Kekhawatiran saya bukan hanya itu. Pemberian perizinan perubahan kawasan konservasi yang sudah lebih dari 20 juta hektare di laut untuk investasi seperti membuka pintu bah kebencanaan di masa depan. Bisa dibayangkan jika perizinan pemanfaatan yang lebih besar di zona konservasi, apalagi perubahan tata kelola dari properti pemerintah menjadi properti swasta, akan memberikan efek yang luar biasa. Barang pemerintah yang dikelola swasta akan menjadi barang publik atau privat yang kemudian akan berimplikasi pada jasa biaya tinggi. Ekonomi biaya tinggi biasanya akan memberikan tekanan yang lebih tinggi, termasuk di kawasan konservasi.
Sehubungan dengan hal ini, setidaknya ada tiga risiko besar yang akan terjadi jika makna kawasan strategis nasional dijadikan tunggangan investor untuk mengubah kawasan konservasi. Pertama, program investasi yang berbalut kapitalisasi akan berpotensi mengubah dan mendegradasi sumber daya dan ekosistem. Kedua, amputasi peran daerah kabupaten oleh Undang-Undang Pesisir dan perizinan oleh Undang-Undang Cipta Kerja akan membuka peluang lemahnya pengawasan oleh daerah dan potensi kerusakan yang semakin tinggi. Ketiga, jurang lebar kemiskinan akan menjalar pada wilayah pulau-pulau kecil. Pada bagian ini, saya sangat prihatin saat melihat praktik pemilikan pulau dan pesisir yang terjadi di banyak tempat, yang telah meneguhkan hegemoni pemilik kapital sebagai pengendali lingkungan tersebut.
Model Investasi
Ketika kita menyadari bahwa perubahan kawasan konservasi akan berdampak penurunan daya dukung dan daya tampung dari keberlanjutan ekosistem dan sumber daya laut, seharusnya konsep kawasan strategis nasional yang ditetapkan harus diisi dengan pola ekonomi hijau (green economy), yang memberikan peluang kepada masyarakat untuk mengambil lebih banyak. Pemanfaatan ini merupakan bentuk keadilan terhadap sumber daya dalam mengurangi kemiskinan di daerah pesisir dan pulau kecil. Untuk itu, saya mengusulkan tifa pilihan model investasi yang tepat di kawasan konservasi.

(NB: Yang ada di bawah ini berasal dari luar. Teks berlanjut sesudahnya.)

-- ===== src/Filter/IntFiles.antt =====
-- e-util/e-filter-int.c: an integer element as XML.
use e_mail_factory.Base.{
  ◌≡◌, refl, sym, ap, ◌∙◌, Text, codes, text_eq, text_beq, option_beq_iff, ℤ, pos, int_beq_iff,
  Bool, true, false, not, ◌&&◌, [], Option, none, some, lookup, insert, lookup-insert,
  lookup-insert_self, arith,
}
use e_mail_factory.Filter.Parts.{or_empty}
use e_mail_factory.Filter.Ints.{FilterInt, int_class, int_element_eq}
use e_mail_factory.Filter.Atoi.{print_int, atoi, atoi-print_int}
use e_mail_factory.Filter.Xml.{Xml, element, nil, node_name, get_prop}
use e_mail_factory.Filter.Files.{ElementXml}

abbrev pub type_text : Option Text → Text
type_text none = codes "integer"
type_text (some type) = type

-- filter_int_xml_encode
unfoldable pub int_xml_encode : FilterInt → Xml
int_xml_encode e =
    element (codes "value")
      (insert (type_text e.type) (print_int e.val)
        (insert (codes "type") (type_text e.type) (insert (codes "name") (or_empty e.name) [])))
      [] nil

-- The value of an attribute, 0 without it
abbrev pub read_value : Option Text → ℤ
read_value none = pos 0
read_value (some text) = atoi text

-- filter_int_xml_decode
unfoldable pub int_xml_decode : FilterInt → Xml → FilterInt
int_xml_decode e node =
    let type = get_prop (codes "type") node in
    record e {
      name = get_prop (codes "name") node;
      type = type;
      val = read_value (get_prop (type_text type) node);
    }

-- A type that is the name of one of the other two attributes takes its place.
abbrev pub is_storable_int : FilterInt → Bool
is_storable_int e =
    not (text_beq (type_text e.type) (codes "name"))
    && not (text_beq (type_text e.type) (codes "type"))

neither : (a b : Bool) → not a && not b ≡ true → (a ≡ false) × (b ≡ false)
neither a b both = (ground (arith, both), ground (arith, both))

-- The first two attributes that are written for an element.
lookup-two :
    (type name : Text)
    → let props = insert (codes "type") type (insert (codes "name") name []) in
      (lookup (codes "name") props ≡ some name) × (lookup (codes "type") props ≡ some type)
unfolding lookup insert
lookup-two type name = (refl, refl)

-- The attributes that are written for an element.
pub int_xml_encode-props :
    (e : FilterInt) (name : Text)
    → is_storable_int e ≡ true
    → e.name ≡ some name
    → (get_prop (codes "name") (int_xml_encode e) ≡ some name)
      × (get_prop (codes "type") (int_xml_encode e) ≡ some (type_text e.type))
      × (get_prop (type_text e.type) (int_xml_encode e) ≡ some (print_int e.val))
unfolding int_xml_encode
int_xml_encode-props e name storable named =
    let type = type_text e.type in
    let value = print_int e.val in
    let props = insert (codes "type") type (insert (codes "name") (or_empty e.name) []) in
    let two = lookup-two type (or_empty e.name) in
    let apart = neither (text_beq type (codes "name")) (text_beq type (codes "type")) storable in
    (
      lookup-insert type (codes "name") value props
          ∙ rw (apart.0) (two.0 ∙ ap (λ n. some (or_empty n)) named),
      lookup-insert type (codes "type") value props ∙ rw (apart.1) (two.1),
      lookup-insert_self type value props,
    )

pub int_xml_decode-int_xml_encode :
    (slot e : FilterInt) (name : Text)
    → is_storable_int e ≡ true
    → e.name ≡ some name
    → let read = int_xml_decode slot (int_xml_encode e) in
      (read.name ≡ some name) × (read.val ≡ e.val)
unfolding int_xml_decode
int_xml_decode-int_xml_encode slot e name storable named =
    let (names, types, values) = int_xml_encode-props e name storable named in
    (
      names,
      ap (λ t. read_value (get_prop (type_text t) (int_xml_encode e))) types
          ∙ ap read_value values
          ∙ atoi-print_int e.val,
    )

pub node_name-int_xml_encode : (e : FilterInt) → node_name (int_xml_encode e) ≡ codes "value"
unfolding int_xml_encode
node_name-int_xml_encode e = refl

pub int_element_eq-int_xml_decode :
    (slot e : FilterInt) (name : Text)
    → is_storable_int e ≡ true
    → e.name ≡ some name
    → int_element_eq (int_xml_decode slot (int_xml_encode e)) e ≡ true
int_element_eq-int_xml_decode slot e name storable named =
    let (names, values) = int_xml_decode-int_xml_encode slot e name storable named in
    let read = int_xml_decode slot (int_xml_encode e) in
    ground (
      arith,
      (option_beq_iff read.name e.name).1 (names ∙ sym named),
      (int_beq_iff read.val e.val).1 values,
    )

-- What every class keeps to, for integers.
instance abbrev pub int_xml : ElementXml FilterInt
int_xml = record {
  xml_encode = int_xml_encode;
  xml_decode = int_xml_decode;
  is_storable = is_storable_int;
  encode_name = node_name-int_xml_encode;
  encode_prop = λ e name storable named. (int_xml_encode-props e name storable named).0;
  decode_name =
      λ slot e name storable named. (int_xml_decode-int_xml_encode slot e name storable named).0;
  decode_eq =
      λ slot e name storable named same. int_element_eq-int_xml_decode slot e name storable named;
  same_type_clone = λ slot e. refl;
}
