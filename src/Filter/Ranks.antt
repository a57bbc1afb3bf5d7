-- ===== src/Filter/Ranks.antt =====
-- e-util/e-rule-context.c: e_rule_context_rank_rule, e_rule_context_get_rank_rule and
-- e_rule_context_find_rank_rule together.
use e_mail_factory.Base.{
  ℕ, suc, ◌+◌, ◌≤◌, ◌≡◌, refl, inl, inr, Text, pos, int_beq, int_beq_iff, nat_beq_iff, leb,
  if◌then◌else◌, true, Bool-cases, List, [], ◌∷◌, ◌++◌, Option, some, arith, g_list_remove,
  IsAbsent,
}
use e_mail_factory.Filter.{FilterRule, RuleContext}
use e_mail_factory.Filter.Rules.{is_of_source}
use e_mail_factory.Filter.Contexts.{
  emit_unfrozen, next_rank, rank_from, get_rank_rule, find_rank_from, find_rank_rule,
  insert_at_rank, rank_rule,
}

abbrev pub at_most : ℕ → ℕ → ℕ
at_most k n = if leb k n then k else n

module _ {ℓ} {E : Type ℓ} where
  -- The number of rules of the source.
  abbrev pub count : Option Text → List (ℕ × FilterRule E) → ℕ
  count source [] = 0
  count source ((a, rule) ∷ rules) = next_rank source rule (count source rules)

  rank_from-insert_at_rank :
      (i k a : ℕ) (rule : FilterRule E) (source : Option Text) (rules : List (ℕ × FilterRule E))
      → i ≤ k
      → IsAbsent a rules
      → rank_from i (insert_at_rank i rules (a, rule) source (pos k)) a source
        ≡ pos (at_most k (count source rules + i))
  unfolding rank_from insert_at_rank
  rank_from-insert_at_rank i k a rule source [] le absent = ground (arith, nat_beq_iff a a)
  rank_from-insert_at_rank i k a rule source ((b, other) ∷ rules) le absent =
      elim (Bool-cases (is_of_source source other)) [
        | inl e ↦
            let rest = rank_from-insert_at_rank (suc i) k a rule source rules in
            rw e (ground (arith, nat_beq_iff a a, nat_beq_iff b a, absent.0, absent.1, rest))
        | inr e ↦
            let rest = rank_from-insert_at_rank i k a rule source rules in
            rw e (ground (arith, nat_beq_iff a a, nat_beq_iff b a, absent.0, absent.1, rest))
      ]

  g_list_remove-insert_at_rank :
      (i k a : ℕ) (rule : FilterRule E) (source : Option Text) (rules : List (ℕ × FilterRule E))
      → IsAbsent a rules
      → g_list_remove a (insert_at_rank i rules (a, rule) source (pos k)) ≡ rules
  unfolding g_list_remove insert_at_rank
  g_list_remove-insert_at_rank i k a rule source [] absent = ground (arith, nat_beq_iff a a)
  g_list_remove-insert_at_rank i k a rule source ((b, other) ∷ rules) absent =
      let rest =
        g_list_remove-insert_at_rank (next_rank source other i) k a rule source rules absent.1 in
      ground (arith, nat_beq_iff a a, nat_beq_iff b a, absent.0, rest)

  rank_from_bounded :
      (i k a : ℕ) (source : Option Text) (rules : List (ℕ × FilterRule E))
      → rank_from i rules a source ≡ pos k
      → (i ≤ k) × (k ≤ count source (g_list_remove a rules) + i)
  unfolding rank_from g_list_remove
  rank_from_bounded i k a source [] h = ground arith
  rank_from_bounded i k a source ((b, other) ∷ rules) h =
      ground (arith, rank_from_bounded (next_rank source other i) k a source rules)

  rank_rule-list :
      (k a : ℕ) (rule : FilterRule E) (source : Option Text) (context : RuleContext E)
      → (rank_rule (a, rule) source (pos k) context).rules ≡ (
          if int_beq (get_rank_rule context.rules a source) (pos k)
          then context.rules
          else insert_at_rank 0 (g_list_remove a context.rules) (a, rule) source (pos k))
  unfolding rank_rule emit_unfrozen
  rank_rule-list k a rule source context = ground arith

  -- Ranking a rule that stands at most once in the list gives it the rank asked for, or the last one
  -- if there are too few rules of the source; the other rules keep their order.
  pub rank_rule-ranks :
      (k a : ℕ) (rule : FilterRule E) (source : Option Text) (context : RuleContext E)
      → let others = g_list_remove a context.rules in
        let ranked = (rank_rule (a, rule) source (pos k) context).rules in
        IsAbsent a others
        → (get_rank_rule ranked a source ≡ pos (at_most k (count source others)))
          × (g_list_remove a ranked ≡ others)
  unfolding get_rank_rule
  rank_rule-ranks k a rule source context absent =
      let others = g_list_remove a context.rules in
      rw (rank_rule-list k a rule source context)
        (elim (Bool-cases (int_beq (get_rank_rule context.rules a source) (pos k))) [
          | inl e ↦
              let same = (int_beq_iff (rank_from 0 context.rules a source) (pos k)).0 e in
              let bound = rank_from_bounded 0 k a source context.rules same in
              rw e (ground (arith, same, bound), refl)
          | inr e ↦
              let rank = rank_from-insert_at_rank 0 k a rule source others (omega arith) absent in
              rw e
                (ground (arith, rank), g_list_remove-insert_at_rank 0 k a rule source others absent)
        ])

  find_rank_from-rank_from :
      (i a : ℕ) (rule : FilterRule E) (source : Option Text)
      (before after : List (ℕ × FilterRule E))
      → is_of_source source rule ≡ true
      → IsAbsent a before
      → (k : ℕ) × (rank_from i (before ++ (a, rule) ∷ after) a source ≡ pos k)
        × (i ≤ k)
        × (find_rank_from i (before ++ (a, rule) ∷ after) (pos k) source ≡ some (a, rule))
  unfolding rank_from find_rank_from
  find_rank_from-rank_from i a rule source [] after of absent =
      (i, ground (arith, nat_beq_iff a a), omega arith, rw of (ground (arith, nat_beq_iff i i)))
  find_rank_from-rank_from i a rule source ((b, other) ∷ before) after of absent =
      let (k, rank, le, found) =
        find_rank_from-rank_from (next_rank source other i) a rule source before after of
          absent.1 in
      (
        k,
        ground (arith, nat_beq_iff b a, absent.0, rank),
        ground (arith, le),
        ground (arith, nat_beq_iff k i, le, found),
      )

  -- The rule at the rank of a rule is that rule, if it is of the source and stands once in the list.
  pub find_rank_rule-get_rank_rule :
      (a : ℕ) (rule : FilterRule E) (source : Option Text) (before after : List (ℕ × FilterRule E))
      → is_of_source source rule ≡ true
      → IsAbsent a before
      → let rules = before ++ (a, rule) ∷ after in
        find_rank_rule rules (get_rank_rule rules a source) source ≡ some (a, rule)
  unfolding find_rank_rule get_rank_rule
  find_rank_rule-get_rank_rule a rule source before after of absent =
      let (k, rank, le, found) = find_rank_from-rank_from 0 a rule source before after of absent in
      rw rank found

Pertama, mendorong kawasan konservasi sebagai pusat ilmu pengetahuan dan teknologi serta inovasi dalam penguatan peran kampus merdeka. Pemilihan suatu daerah sebagai kawasan konservasi adalah karena kesadaran atas tingginya keragaman sumber daya dan daya dukungnya dalam mendukung sistem ekonomi berkelanjutan. Pusat ilmu ini tentu dimulai dari riset. Inovasi yang dihasilkan dan produk yang dihasilkan kemudian menjadi komoditas turunan dari sumber daya. Sebagai pusat ilmu, kawasan konservasi bisa disiapkan sebagai laboratorium untuk pendidikan konservasi, pengawasan, dan perlindungan plasma nutfah bagi mahasiswa. Kawasan konservasi bisa menjadi tempat magang mahasiswa, tempat penelitian nasional dan internasional, serta sebagai ruang hidup biota sumber daya pesisir.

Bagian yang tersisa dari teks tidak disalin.